Plotting the errors on a graph:

px.scatter(test_set, x="StudyHours", y=["Grade", "PredictedGrade"],
           hover_data="Name", height=350,
           title=f"Prediction errors (test set)",
           labels={"value":""}
)

To get a measure for how well the model did across the entire test dataset, we can use any number of desired regression metrics (r-squared score, mean squared error, mean absolute error, root mean sqared error), to see how well the model does.
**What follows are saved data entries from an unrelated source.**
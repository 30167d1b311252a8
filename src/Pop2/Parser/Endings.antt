-- ===== src/Pop2/Parser/Endings.antt =====
-- Ends of lines that are awaited for themselves. Where the input ends behind `\r`, the end of a line asks for
-- more; how much is not documented, and not said here.
use getemail.Base.{
  ℕ, zero, suc, ◌-◌, ◌≡◌, ◌≢◌, ◌≤◌, refl, sym, ap, inl, inr, Bool, [], ◌∷◌, ◌++◌, Bytes, none,
  arith, length, length-append, ◌==◌, if◌then◌else◌,
}
use getemail.Pop2.Env.{done, Needed, unknown, size}
use getemail.Pop2.Nom.{Nom, Parser, pure, ◌>>=◌}
use getemail.Pop2.Nom.Laws.{LawfulPrimitives, LawfulCombinators, tagged_from, line_end, taken_m_n}
use getemail.Pop2.Parser.Core.{eol, end_of_multiline}
use getemail.Pop2.Parser.Rfc1939.{undotted}
use getemail.Pop2.Parser.Streams.{
  AtLineFeed, Asks, Cut, Streams, Rejects, Streams-eq, Streams-bind, Streams-map, Rejects-eq,
  Rejects-bind, length_pos,
}
use getemail.Pop2.Parser.Primitives.{All, StopsAt, Rejects-tagged, head_eq, tail_eq, Cut-cons}
use getemail.Pop2.Parser.Lines.{crlf, Streams-tag, Streams-space0}

module _ (p : ℕ → Bool) where
  taken_m_n-whole :
      (m n : ℕ) (text tail : Bytes)
      → m ≤ length text
      → length text ≤ n
      → All p text
      → StopsAt p tail
      → taken_m_n m n p (text ++ tail) ≡ done tail text
  taken_m_n-whole m zero [] tail h k a stop = refl
  taken_m_n-whole m (suc n) [] [] h k a stop = absurd stop
  taken_m_n-whole m (suc n) [] (c ∷ tail) h k a stop = ground (arith, stop)
  taken_m_n-whole m zero (t ∷ text) tail h k a stop = absurd (omega arith)
  taken_m_n-whole m (suc n) (t ∷ text) tail h k a stop =
      rw (a.0, taken_m_n-whole (m - 1) n text tail (omega arith) (omega arith) a.1 stop) refl

  Cut-taken_m_n :
      (m n : ℕ) (text tail part more : Bytes)
      → m ≤ length text
      → length text ≤ n
      → All p text
      → StopsAt p tail
      → text ++ tail ≡ part ++ more
      → more ≢ []
      → Cut (taken_m_n m n p) tail text part more
  Cut-taken_m_n m zero [] tail part more h k a stop e ne = inr (part, e, refl)
  Cut-taken_m_n m zero (t ∷ text) tail part more h k a stop e ne = absurd (omega arith)
  Cut-taken_m_n m (suc n) text tail [] more h k a stop e ne = inl (
    size (if m == 0 then 1 else m),
    refl,
    inl (ground (arith, ap length e, length-append text tail, length_pos more ne)),
  )
  Cut-taken_m_n m (suc n) [] [] (x ∷ part) more h k a stop e ne = absurd stop
  Cut-taken_m_n m (suc n) [] (c ∷ tail) (x ∷ part) more h k a stop e ne =
      inr (x ∷ part, e, ground (arith, head_eq e, stop))
  Cut-taken_m_n m (suc n) (t ∷ text) tail (x ∷ part) more h k a stop e ne =
      rw (sym (head_eq e), a.0)
        (Cut-cons t (taken_m_n (m - 1) n p part) tail text more (
          Cut-taken_m_n (m - 1) n text tail part more (omega arith) (omega arith) a.1 stop
            (tail_eq e) ne))

  pub Streams-taken_m_n :
      (m n : ℕ) (text tail : Bytes)
      → m ≤ length text
      → length text ≤ n
      → All p text
      → StopsAt p tail
      → Streams (taken_m_n m n p) text tail text
  Streams-taken_m_n m n text tail h k a stop = record {
    whole = taken_m_n-whole m n text tail h k a stop;
    cut = λ part more e ne. Cut-taken_m_n m n text tail part more h k a stop e ne;
  }

module _ (nom : Nom) (prims : LawfulPrimitives nom) (combs : LawfulCombinators nom) where
  open prims use {cr_needs, tag-eq, line_ending-eq}
  open combs use {opt-eq, pair-eq, preceded-eq}

  -- Nothing is read where the parser refuses.
  Streams-opt :
      {A : Type 0} (p : Parser A) (input : Bytes)
      → Rejects p input
      → Streams (nom.opt p) [] input none
  Streams-opt p input r = record {
    whole = rw (opt-eq p input, r.refused) refl;
    cut = λ part more e ne. elim (r.cut part more e ne) [
      | inl (needed, w, h) ↦ inl (needed, rw (opt-eq p part, w) refl, h)
      | inr d ↦ inr (part, e, rw (opt-eq p part, d) refl)
    ];
  }

  Rejects-dot :
      (input : Bytes) → StopsAt (λ c. c == b'.') input → Rejects (nom.tag (b'.' ∷ [])) input
  Rejects-dot [] stop = absurd stop
  Rejects-dot (c ∷ input) stop =
      Rejects-eq (nom.tag (b'.' ∷ [])) (tagged_from (λ x. x) (b'.' ∷ [])) (tag-eq (b'.' ∷ []))
        (Rejects-tagged (λ x. x) (b'.' ∷ []) (c ∷ input) (omega arith, inl (ground arith)))

  pub Streams-undotted :
      {A : Type 0} (p : Parser A) (text tail : Bytes) (a : A)
      → StopsAt (λ c. c == b'.') (text ++ tail)
      → Streams p text tail a
      → Streams (undotted nom p) text tail a
  unfolding undotted
  Streams-undotted p text tail a stop s =
      Streams-eq _ (nom.opt (nom.tag (b'.' ∷ [])) >>= λ _. p) (preceded-eq _ p) (
        Streams-bind (nom.opt (nom.tag (b'.' ∷ []))) (λ _. p) [] text tail none a
          (Streams-opt (nom.tag (b'.' ∷ [])) (text ++ tail) (Rejects-dot (text ++ tail) stop)) s)

  pub Rejects-end_of_multiline :
      (input : Bytes) → StopsAt (λ c. c == b'.') input → Rejects (end_of_multiline nom) input
  unfolding end_of_multiline
  Rejects-end_of_multiline input stop =
      Rejects-bind (nom.pair (nom.tag (b'.' ∷ [])) nom.line_ending) (λ _. pure tt) input
        (Rejects-eq (nom.pair (nom.tag (b'.' ∷ [])) nom.line_ending) _ (pair-eq _ _)
          (Rejects-bind (nom.tag (b'.' ∷ [])) _ input (Rejects-dot input stop)))

  Streams-line_end : (tail : Bytes) → Streams (line_end cr_needs) crlf tail crlf
  Streams-line_end tail = record { whole = refl; cut = λ part more e ne. cut part more e ne }
    where
      asks : (needed : Needed) (more : Bytes) → AtLineFeed more → Asks more needed
      asks unknown more h = tt
      asks (size min) more h = inr h

      at_end : (more : Bytes) → 0x0a ∷ tail ≡ more → AtLineFeed more
      at_end [] e = cc
      at_end (c ∷ more) e = sym (head_eq e)

      cut :
          (part more : Bytes)
          → crlf ++ tail ≡ part ++ more
          → more ≢ []
          → Cut (line_end cr_needs) tail crlf part more
      cut [] more e ne = inl (size 1, refl, inl (omega (arith, length_pos more ne)))
      cut (a ∷ []) more e ne =
          inl (cr_needs, rw (sym (head_eq e)) refl, asks cr_needs more (at_end more (tail_eq e)))
      cut (a ∷ b ∷ left) more e ne =
          inr (left, tail_eq (tail_eq e), rw (sym (head_eq e), sym (head_eq (tail_eq e))) refl)

  Streams-line_ending : (tail : Bytes) → Streams nom.line_ending crlf tail crlf
  Streams-line_ending tail =
      Streams-eq nom.line_ending (line_end cr_needs) line_ending-eq (Streams-line_end tail)

  pub Streams-eol : (tail : Bytes) → Streams (eol nom) crlf tail tt
  unfolding eol
  Streams-eol tail =
      Streams-map (nom.pair nom.space0 nom.line_ending) (λ _. tt)
        (Streams-eq (nom.pair nom.space0 nom.line_ending) _ (pair-eq _ _) (
          Streams-bind nom.space0 _ [] crlf tail [] ([], crlf)
            (Streams-space0 nom prims combs [] (crlf ++ tail) tt refl)
            (Streams-map nom.line_ending (λ b. ([], b)) (Streams-line_ending tail))))

  pub Streams-end_of_multiline :
      (tail : Bytes) → Streams (end_of_multiline nom) (b'.' ∷ crlf) tail tt
  unfolding end_of_multiline
  Streams-end_of_multiline tail =
      Streams-map (nom.pair (nom.tag (b'.' ∷ [])) nom.line_ending) (λ _. tt)
        (Streams-eq (nom.pair (nom.tag (b'.' ∷ [])) nom.line_ending) _ (pair-eq _ _) (
          Streams-bind (nom.tag (b'.' ∷ [])) _ (b'.' ∷ []) crlf tail (b'.' ∷ []) (b'.' ∷ [], crlf)
            (Streams-tag nom prims combs (b'.' ∷ []) (crlf ++ tail))
            (Streams-map nom.line_ending (λ b. (b'.' ∷ [], b)) (Streams-line_ending tail))))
It is possible for us to compute our own metrics:

my_mae = test_set["Error"].abs().mean()
print("MY MAE:", my_mae.round(3))
MY MAE: 7.383
my_mse = (test_set["Error"] ** 2).mean()
print("MY MSE:", my_mse.round(1))
MY MSE: 75.8

However more commonly we will use metric functions from the sklearn.metrics submodule:

from sklearn.metrics import r2_score, mean_squared_error, mean_absolute_error

r2 = r2_score(y_test, y_pred)
print("R^2:", round(r2, 3))

mae = mean_absolute_error(y_test, y_pred)
print("MAE:", round(mae, 3))

mse = mean_squared_error(y_test, y_pred)
print("MSE:", round(mse,3))
R^2: 0.678
MAE: 7.371
MSE: 75.8
rmse = mse ** .5
print("RMSE:", rmse.round(3))
RMSE: 8.706

Inference

Now that the model has been trained and deemed to have a sufficient performance, we can use it to make predictions on unseen data (sometimes called “inference”):

from pandas import DataFrame

x_new = DataFrame({"StudyHours": [0, 4, 8, 12, 16, 20]})

model.predict(x_new)
array([-17.92418697,   7.53071454,  32.98561604,  58.44051754,
        83.89541905, 109.35032055])

Alright, we have trained a model and used it to make predictions.